By Julia Karow
This story was originally published on August 5.
Roche plans to take "significant share" from the Sanger sequencing market as well as focus on specific applications, including medical ones, for its 454 technology, according to 454 Life Sciences' CEO.
In addition, with its partner IBM, the company is developing a successor technology that it estimates will take five to seven years to bring to market.
Sequencing was a billion-dollar market last year, 454 Life Sciences President and CEO Chris McLeod told investors during a Roche event at the American Association for Clinical Chemistry annual meeting last month, and is poised to grow to $1.6 billion over the next five years.
The growth will be driven by next-generation sequencing, driven by an increase in large-scale resequencing of human genomes and because it will start taking market share from Sanger sequencing, McLeod said.
The next-gen sequencing market is split into different applications, he said, and while Roche expects human genome resequencing to be the largest one, it believes the 454 technology — due to its long reads and high accuracy — best addresses de novo genome sequencing, metagenomics, and targeted sequencing.
But the company also aims to take a slice from the existing Sanger market, both by extending its read length to Sanger-like 800 bases and by selling its lower-cost, lower-throughput instrument — the GS Junior — which "puts next-generation sequencing on the benchtop of the individual researcher."
In addition, the company will be "trying to leverage the strength of Roche Diagnostics" to apply its technology in the diagnostic field.
McLeod said that early-access customers have already been testing a long-read package for the GS FLX that takes them "into the neighborhood" of 600 bases per read. In a second testing phase, they will reach an average of 800 bases per read, and up to 1,000. Roche plans to launch the long-read package globally in early 2011, he said.
So far, 454 has seen "good acceptance" for the GS Junior, a desktop sequencer it launched in May (IS 12/1/2009). "The initial response is above our forecast, and we are working hard to make sure that we meet demand and that our customers have a great experience," McLeod said. The instrument costs about a fifth of the GS FLX — or on the order of $100,000 — and produces about 35 megabases of data with 400-base pair reads in a 10-hour run.

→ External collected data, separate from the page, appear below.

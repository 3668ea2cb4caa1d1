-- ===== src/Bridge/Handlers/Dispatch.antt =====
-- What a message leaves alone, and what the messages without a handler do.
use dropout.Prelude.{ℕ, ◌≡◌, ◌≢◌, refl, false, Option, none, some, ◌==◌, ==-ne}
use dropout.Prelude.Dict.{lookup, lookup-insert}
use dropout.Prelude.Exec.{Exec, modify}
use dropout.Prelude.Exec.Keeps.{Keeps, keeps_rules}
use dropout.Bytes.{Bytes}
use dropout.Platform.{Platform}
use dropout.Wire.{MessageHeader}
use dropout.Bridge.State.{RoundState, Session, ProtocolBridge}
use dropout.Bridge.Handlers.{
  in_round, add_round, start_round, handle_round_init, handle_public_key, handle_mask_chunk,
  handle_client_complete, handle_dropout_notify, handle_shamir_share, dispatch_message,
}

module _ (k : ℕ) (o : Option RoundState) where
  abbrev HasRound : ProtocolBridge → Type 0
  HasRound b = lookup k b.rounds ≡ o

  in_round_others :
      (round_id : ℕ) (body : Exec Session Unit)
      → (round_id == k) ≡ false
      → Keeps HasRound (in_round round_id body)
  in_round_others round_id body ne = record { at = λ b h. go b h (lookup round_id b.rounds) refl }
    where
      go :
          (b : ProtocolBridge)
          → HasRound b
          → (r : Option RoundState) → lookup round_id b.rounds ≡ r
          → HasRound (in_round round_id body b).1
      go b h none e = rw (e, in_round) h
      go b h (some round) e = rw (e, in_round, lookup-insert, ne) h

  add_round_others :
      (round : RoundState)
      → (round.round_id == k) ≡ false
      → Keeps HasRound (modify (add_round round))
  add_round_others round ne = record { at = λ b h. rw (lookup-insert, ne) h }

  module _ (header : MessageHeader) (payload : Bytes) (ne : (header.round_id == k) ≡ false) where
    start_round_others : Keeps HasRound (start_round header.round_id payload)
    unfolding start_round
    start_round_others = search (keeps_rules, add_round_others, ne) depth 20

    handle_round_init_others : Keeps HasRound (handle_round_init header payload)
    unfolding handle_round_init
    handle_round_init_others = search (keeps_rules, start_round_others)

    module _ (platform : Platform) (writer : ℕ) where
      dispatch_others : Keeps HasRound (dispatch_message platform header payload writer)
      unfolding dispatch_message handle_public_key handle_mask_chunk handle_client_complete
          handle_dropout_notify handle_shamir_share
      dispatch_others = search (keeps_rules, in_round_others, handle_round_init_others, ne) depth 12

-- A message changes no round but the one that its header names.
pub dispatch_message_others :
    (platform : Platform) (header : MessageHeader) (payload : Bytes) (writer k : ℕ)
    (bridge : ProtocolBridge)
    → header.round_id ≢ k
    → lookup k (dispatch_message platform header payload writer bridge).1.rounds
      ≡ lookup k bridge.rounds
dispatch_message_others platform header payload writer k bridge other =
    (dispatch_others k (lookup k bridge.rounds) header payload (==-ne header.round_id k other)
        platform writer).at
      bridge refl
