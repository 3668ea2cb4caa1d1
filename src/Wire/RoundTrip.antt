-- ===== src/Wire/RoundTrip.antt =====
-- `_parse_header` reads back what `_build_header` wrote.
use dropout.Prelude.{ℕ, ◌<◌, ◌≡◌, arith, length}
use dropout.Prelude.Exec.{ok}
use dropout.Bytes.{Bytes}
use dropout.Wire.{MessageHeader, parse_header, build_header, header_bytes}

abbrev pub header_of : ℕ → ℕ → ℕ → ℕ → ℕ → MessageHeader
header_of message_type round_id client_id sequence_number payload_length = record {
  protocol_version = 65536;
  round_id = round_id;
  client_id = client_id;
  message_type = message_type;
  sequence_number = sequence_number;
  payload_length = payload_length;
  reserved = 0;
}

-- A header that builds is 16 bytes long and parses to the fields that it was built from.
pub parse-build_header :
    (message_type round_id client_id sequence_number payload_length : ℕ) (bytes : Bytes)
    → build_header message_type round_id client_id sequence_number payload_length ≡ ok bytes
    → (length bytes ≡ 16)
      × (parse_header bytes
          ≡ ok (header_of message_type round_id client_id sequence_number payload_length))
unfolding parse_header build_header
parse-build_header mt r c s p bytes h = (ground arith, ground arith)

-- A header whose fields fit is built.
pub build_header_fits :
    (message_type round_id client_id sequence_number payload_length : ℕ)
    → message_type < 256
    → round_id < 4294967296
    → client_id < 256
    → sequence_number < 65536
    → payload_length < 65536
    → build_header message_type round_id client_id sequence_number payload_length
      ≡ ok (header_bytes message_type round_id client_id sequence_number payload_length)
unfolding build_header
build_header_fits mt r c s p h1 h2 h3 h4 h5 = ground arith
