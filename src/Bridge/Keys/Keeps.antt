-- ===== src/Bridge/Keys/Keeps.antt =====
-- What key setup keeps true of the state: a property that new secrets and seeds of the clients, the
-- connections and the stage leave alone.
use dropout.Prelude.{ℕ, ◌≡◌, refl, Bool, Option, none, some, List, [], ◌∷◌}
use dropout.Prelude.Dict.{Dict, lookup}
use dropout.Prelude.Exec.{ok, err, key_error, Exec, modify, for_each, continue, ◌>>=◌, ◌>>◌}
use dropout.Prelude.Exec.Keeps.{Keeps, Keeps-bind, Keeps-continue, Keeps-for_each, keeps_rules}
use dropout.Bytes.{Bytes}
use dropout.Platform.{Platform}
use dropout.Bridge.State.{ClientState, Session, Io, Stage, mask_setup, set_client, client_at}
use dropout.Bridge.Keys.{
  encapsulate_by, encapsulate, send_to_client, establish_secret, establish_if, setup_client,
  setup_pair, set_pairwise_seed, store_pair_seed, orchestrate_pair, for_each_pair,
  orchestrate_pairwise_kem, derive_seed_for, derive_seeds_of, setup_keys_and_masks,
}

-- `Fact` is what `P` says of the client under a number, `Secret` what is known of a new secret.
pub record IsKeyInvariant (P : Session → Type 0) (Fact : ℕ → ClientState → Type 0)
    (Secret : Bytes → Type 0) : Type 0 where
  pub found :
      (k : ℕ) (c : ClientState) (s : Session) → P s → lookup k s.round.clients ≡ some c → Fact k c
  pub set_secret :
      (k : ℕ) (c : ClientState) (secret : Bytes) (s : Session)
      → Secret secret
      → Fact k c
      → P s
      → P (set_client k (record c { shared_secret = some secret }) s)
  pub set_seeds :
      (k : ℕ) (c : ClientState) (seeds : Dict Bytes) (s : Session)
      → Fact k c
      → P s
      → P (set_client k (record c { pairwise_seeds = seeds }) s)
  pub set_io : (io : Io) (s : Session) → P s → P (record s { io = io })
  pub set_stage :
      (stage : Stage) (s : Session)
      → P s
      → P (record s { round = record s.round { stage = stage } })

-- What follows the first loop of `_setup_keys_and_masks`.
unfoldable pub after_clients : Platform → List ℕ → Exec Session Unit
after_clients platform ids = do
  for_each_pair platform ids (setup_pair platform)
  orchestrate_pairwise_kem platform
  for_each ids (derive_seeds_of platform ids)
  modify (λ s. record s { round = record s.round { stage = mask_setup } })

-- What the platform's encapsulation says of the secrets that it draws.
abbrev pub Draws : Platform → (Bytes → Type 0) → Type 0
Draws platform Secret =
    (draw : ℕ) (key ct secret : Bytes)
    → encapsulate_by platform platform.kem_library draw key ≡ ok (ct, secret)
    → Secret secret

module _ (platform : Platform) {P : Session → Type 0} {Fact : ℕ → ClientState → Type 0}
    {Secret : Bytes → Type 0} (inv : IsKeyInvariant P Fact Secret)
    (draws : Draws platform Secret) where
  Keeps-secret :
      (k : ℕ) (c : ClientState) (secret : Bytes)
      → Secret secret
      → Fact k c
      → Keeps P (modify (set_client k (record c { shared_secret = some secret })))
  Keeps-secret k c secret new f = record { at = λ s h. inv.set_secret k c secret s new f h }

  Keeps-seeds :
      (k : ℕ) (c : ClientState) (seeds : Dict Bytes)
      → Fact k c
      → Keeps P (modify (set_client k (record c { pairwise_seeds = seeds })))
  Keeps-seeds k c seeds f = record { at = λ s h. inv.set_seeds k c seeds s f h }

  Keeps-client_at :
      {B : Type 0} (k : ℕ) (f : ClientState → Exec Session B)
      → ((c : ClientState) → Fact k c → Keeps P (f c))
      → Keeps P (client_at k >>= f)
  Keeps-client_at {B = B} k f keep = record { at = λ s h. go s h (lookup k s.round.clients) refl }
    where
      go :
          (s : Session)
          → P s
          → (o : Option ClientState) → lookup k s.round.clients ≡ o
          → P (continue {B = B} (elim o [ none ↦ err key_error | some c ↦ ok c ]) f s).1
      go s h none e = h
      go s h (some c) e = (keep c (inv.found k c s h e)).at s h

  Keeps-stage : Keeps P (modify (λ s. record s { round = record s.round { stage = mask_setup } }))
  Keeps-stage = record { at = λ s h. inv.set_stage mask_setup s h }

  Keeps-encapsulate :
      {B : Type 0} (key : Bytes) (f : Bytes × Bytes → Exec Session B)
      → ((ct secret : Bytes) → Secret secret → Keeps P (f (ct, secret)))
      → Keeps P (encapsulate platform key >>= f)
  unfolding encapsulate
  Keeps-encapsulate key f keep = record {
    at = λ s h.
        Keeps-continue P (encapsulate_by platform platform.kem_library s.io.draws key) f _
          (inv.set_io _ s h)
          (λ a e. (keep a.0 a.1 (draws s.io.draws key a.0 a.1 e)).at _ (inv.set_io _ s h));
  }

  pub send_to_client-Keeps :
      (client_id : ℕ) (bytes : Bytes) → Keeps P (send_to_client platform client_id bytes)
  unfolding send_to_client
  send_to_client-Keeps client_id bytes = record {
    at = λ s h. go s h (lookup client_id s.io.client_writers) refl;
  }
    where
      go :
          (s : Session)
          → P s
          → (o : Option ℕ) → lookup client_id s.io.client_writers ≡ o
          → P (send_to_client platform client_id bytes s).1
      go s h none e = rw (send_to_client, e) h
      go s h (some writer) e = rw (send_to_client, e) (inv.set_io _ s h)

  establish_secret-Keeps : (k : ℕ) → Keeps P (establish_secret platform k)
  unfolding establish_secret
  establish_secret-Keeps k =
      search (keeps_rules, Keeps-secret, Keeps-client_at, Keeps-encapsulate, send_to_client-Keeps)
        depth 9

  ruleset secret_rules = (keeps_rules, Keeps-seeds, Keeps-client_at, establish_secret-Keeps)

  establish_if-Keeps : (b : Bool) (k : ℕ) → Keeps P (establish_if platform b k)
  unfolding establish_if
  establish_if-Keeps b k = search secret_rules

  pub setup_client-Keeps : (k : ℕ) → Keeps P (setup_client platform k)
  unfolding setup_client
  setup_client-Keeps k = search (secret_rules, establish_if-Keeps)

  setup_pair-Keeps : (a b : ℕ) → Keeps P (setup_pair platform a b)
  unfolding setup_pair
  setup_pair-Keeps a b = search (secret_rules, establish_if-Keeps) depth 12

  set_pairwise_seed-Keeps :
      (k peer : ℕ) (seed : Bytes) → Keeps P (set_pairwise_seed platform k peer seed)
  unfolding set_pairwise_seed
  set_pairwise_seed-Keeps k peer seed = search secret_rules

  store_pair_seed-Keeps : (i r : ℕ) → Keeps P (store_pair_seed platform i r)
  unfolding store_pair_seed
  store_pair_seed-Keeps i r = search (secret_rules, set_pairwise_seed-Keeps) depth 12

  orchestrate_pair-Keeps : (a b : ℕ) → Keeps P (orchestrate_pair platform a b)
  unfolding orchestrate_pair
  orchestrate_pair-Keeps a b =
      search (secret_rules, establish_if-Keeps, store_pair_seed-Keeps) depth 12

  for_each_pair-Keeps :
      (ids : List ℕ) (body : ℕ → ℕ → Exec Session Unit)
      → ((a b : ℕ) → Keeps P (body a b))
      → Keeps P (for_each_pair platform ids body)
  unfolding for_each_pair
  for_each_pair-Keeps [] body keep = search keeps_rules
  for_each_pair-Keeps (a ∷ ids) body keep =
      Keeps-bind _ _ (Keeps-for_each ids (body a) (keep a)) (λ _. for_each_pair-Keeps ids body keep)

  orchestrate_pairwise_kem-Keeps : Keeps P (orchestrate_pairwise_kem platform)
  unfolding orchestrate_pairwise_kem
  orchestrate_pairwise_kem-Keeps = search (keeps_rules, for_each_pair-Keeps, orchestrate_pair-Keeps)

  derive_seed_for-Keeps : (k peer : ℕ) → Keeps P (derive_seed_for platform k peer)
  unfolding derive_seed_for
  derive_seed_for-Keeps k peer = search (secret_rules, set_pairwise_seed-Keeps) depth 12

  derive_seeds_of-Keeps : (ids : List ℕ) (k : ℕ) → Keeps P (derive_seeds_of platform ids k)
  unfolding derive_seeds_of
  derive_seeds_of-Keeps ids k = search (secret_rules, derive_seed_for-Keeps)

  pub after_clients-Keeps : (ids : List ℕ) → Keeps P (after_clients platform ids)
  unfolding after_clients
  after_clients-Keeps ids =
      search
        (
          keeps_rules, for_each_pair-Keeps, setup_pair-Keeps, orchestrate_pairwise_kem-Keeps,
          derive_seeds_of-Keeps, Keeps-stage,
        )
        depth 12

  -- `_setup_keys_and_masks`.
  pub setup_keys_and_masks-Keeps : Keeps P (setup_keys_and_masks platform)
  unfolding setup_keys_and_masks after_clients
  setup_keys_and_masks-Keeps =
      search (keeps_rules, setup_client-Keeps, after_clients-Keeps) depth 12
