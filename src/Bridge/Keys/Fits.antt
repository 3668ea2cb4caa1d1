-- ===== src/Bridge/Keys/Fits.antt =====
-- Key setup keeps the length of the received chunks.
use dropout.Prelude.{
  ℕ, ◌≡◌, refl, arith, Bool, true, false, Option, none, some, List, [], ◌∷◌, if◌then◌else◌,
}
use dropout.Prelude.Dict.{lookup, AllValues, AllValues-insert, AllValues-lookup}
use dropout.Prelude.Exec.{Result, ok, err, Exec, modify, continue, ◌>>=◌, ◌>>◌}
use dropout.Prelude.Exec.Keeps.{Keeps}
use dropout.Bytes.{Bytes}
use dropout.Platform.{Platform}
use dropout.Bridge.State.{ClientState, Session, Stage, set_client, client_at, send}
use dropout.Bridge.Aggregate.Totality.{ChunksFit}
use dropout.Bridge.Keys.{setup_keys_and_masks}
use dropout.Bridge.Keys.Keeps.{IsKeyInvariant, setup_keys_and_masks-Keeps}

-- The round has chunks of size `cs`, and so have all that its clients sent.
abbrev pub SessionFits : ℕ → Session → Type 0
SessionFits cs s = (s.round.chunk_size ≡ cs) × AllValues (ChunksFit cs) s.round.clients

module _ {cs : ℕ} where
  pub Keeps-set_client :
      (k : ℕ) (c : ClientState) → ChunksFit cs c → Keeps (SessionFits cs) (modify (set_client k c))
  Keeps-set_client k c fit = record {
    at = λ s h. (h.0, AllValues-insert (ChunksFit cs) k c s.round.clients fit h.1);
  }

  pub Keeps-client_at :
      {B : Type 0} (k : ℕ) (f : ClientState → Exec Session B)
      → ((c : ClientState) → ChunksFit cs c → Keeps (SessionFits cs) (f c))
      → Keeps (SessionFits cs) (client_at k >>= f)
  Keeps-client_at k f keep = record { at = λ s h. go s h (lookup k s.round.clients) refl }
    where
      go :
          (s : Session)
          → SessionFits cs s
          → (o : Option ClientState) → lookup k s.round.clients ≡ o
          → SessionFits cs
              (continue
                (elim o [ none ↦ err dropout.Prelude.Exec.key_error | some c ↦ ok c ])
                f
                s).1
      go s h none e = h
      go s h (some c) e = (keep c (AllValues-lookup (ChunksFit cs) k s.round.clients h.1 e)).at s h

  pub Keeps-send :
      (lost : ℕ → Bool) (writer : ℕ) (bytes : Bytes)
      → Keeps (SessionFits cs) (send lost writer bytes)
  Keeps-send lost writer bytes = record { at = λ s h. h }

  pub Keeps-stage :
      (stage : Stage)
      → Keeps (SessionFits cs) (modify (λ s. record s { round = record s.round { stage = stage } }))
  Keeps-stage stage = record { at = λ s h. h }

SessionFits-IsKeyInvariant :
    {cs : ℕ} → IsKeyInvariant (SessionFits cs) (λ k c. ChunksFit cs c) (λ _. Unit)
SessionFits-IsKeyInvariant {cs = cs} = record {
  found = λ k c s h e. AllValues-lookup (ChunksFit cs) k s.round.clients h.1 e;
  set_secret =
      λ k c secret s _ fit h. (h.0, AllValues-insert (ChunksFit cs) k _ s.round.clients fit h.1);
  set_seeds =
      λ k c seeds s fit h. (h.0, AllValues-insert (ChunksFit cs) k _ s.round.clients fit h.1);
  set_io = λ io s h. h;
  set_stage = λ stage s h. h;
}

-- `_setup_keys_and_masks` keeps the length of the received chunks.
pub setup_keys_and_masks-fits :
    (platform : Platform) {cs : ℕ} → Keeps (SessionFits cs) (setup_keys_and_masks platform)
setup_keys_and_masks-fits platform =
    setup_keys_and_masks-Keeps platform SessionFits-IsKeyInvariant (λ _ _ _ _ _. tt)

In order to facilitate certain targeted sequencing applications, 454 is also developing a number of primer sets — the first one for high-resolution HLA genotyping, which is currently mostly performed by Sanger sequencing. While that method is "very expensive and very slow," because it requires multiple steps to achieve unambiguous allele calls, "454 sequencing, in a single run of the Junior, will be able to deliver tens of different high-resolution HLA genotypes, with very unambiguous allele calls," he said.
Roche sees two main areas where next-gen sequencing could have diagnostic applications, according to McLeod: One is in virology, for example to detect drug-resistant strains of HIV present at low levels, or to identify emerging novel pathogens. The other is in immunology, where sequencing can be used to profile immune receptors, for example to characterize lymphomas, as well as for HLA genotyping.
Overall, McLeod said, the 454 technology is currently "mid-way up its S-curve" of growth, implying that it will soon plateau, like the Sanger technology. That is why Roche, with its recent partnership with IBM, is already looking for a real-time single-molecule sequencing technology to succeed it (IS 7/6/2010).
The nanopore platform, which will use IBM's DNA transistor technology to control the translocation speed of the DNA, promises very long read length, fast runs, and electrical detection, "which would mean that the instrument itself would not be that expensive," he said. It will also require no amplification, have an easy sample prep, and inexpensive reagents and disposables.
The technical development of the platform will take approximately three years, Roche estimates, followed by another two years or more to turn it into a commercial product, so "we are looking at a five- to seven-year window before we will be able to bring this technology to market," McLeod said.
The nanopore technology, he said, has the potential to sequence a human genome for less than $1,000, "and potentially on the order of $100 per genome."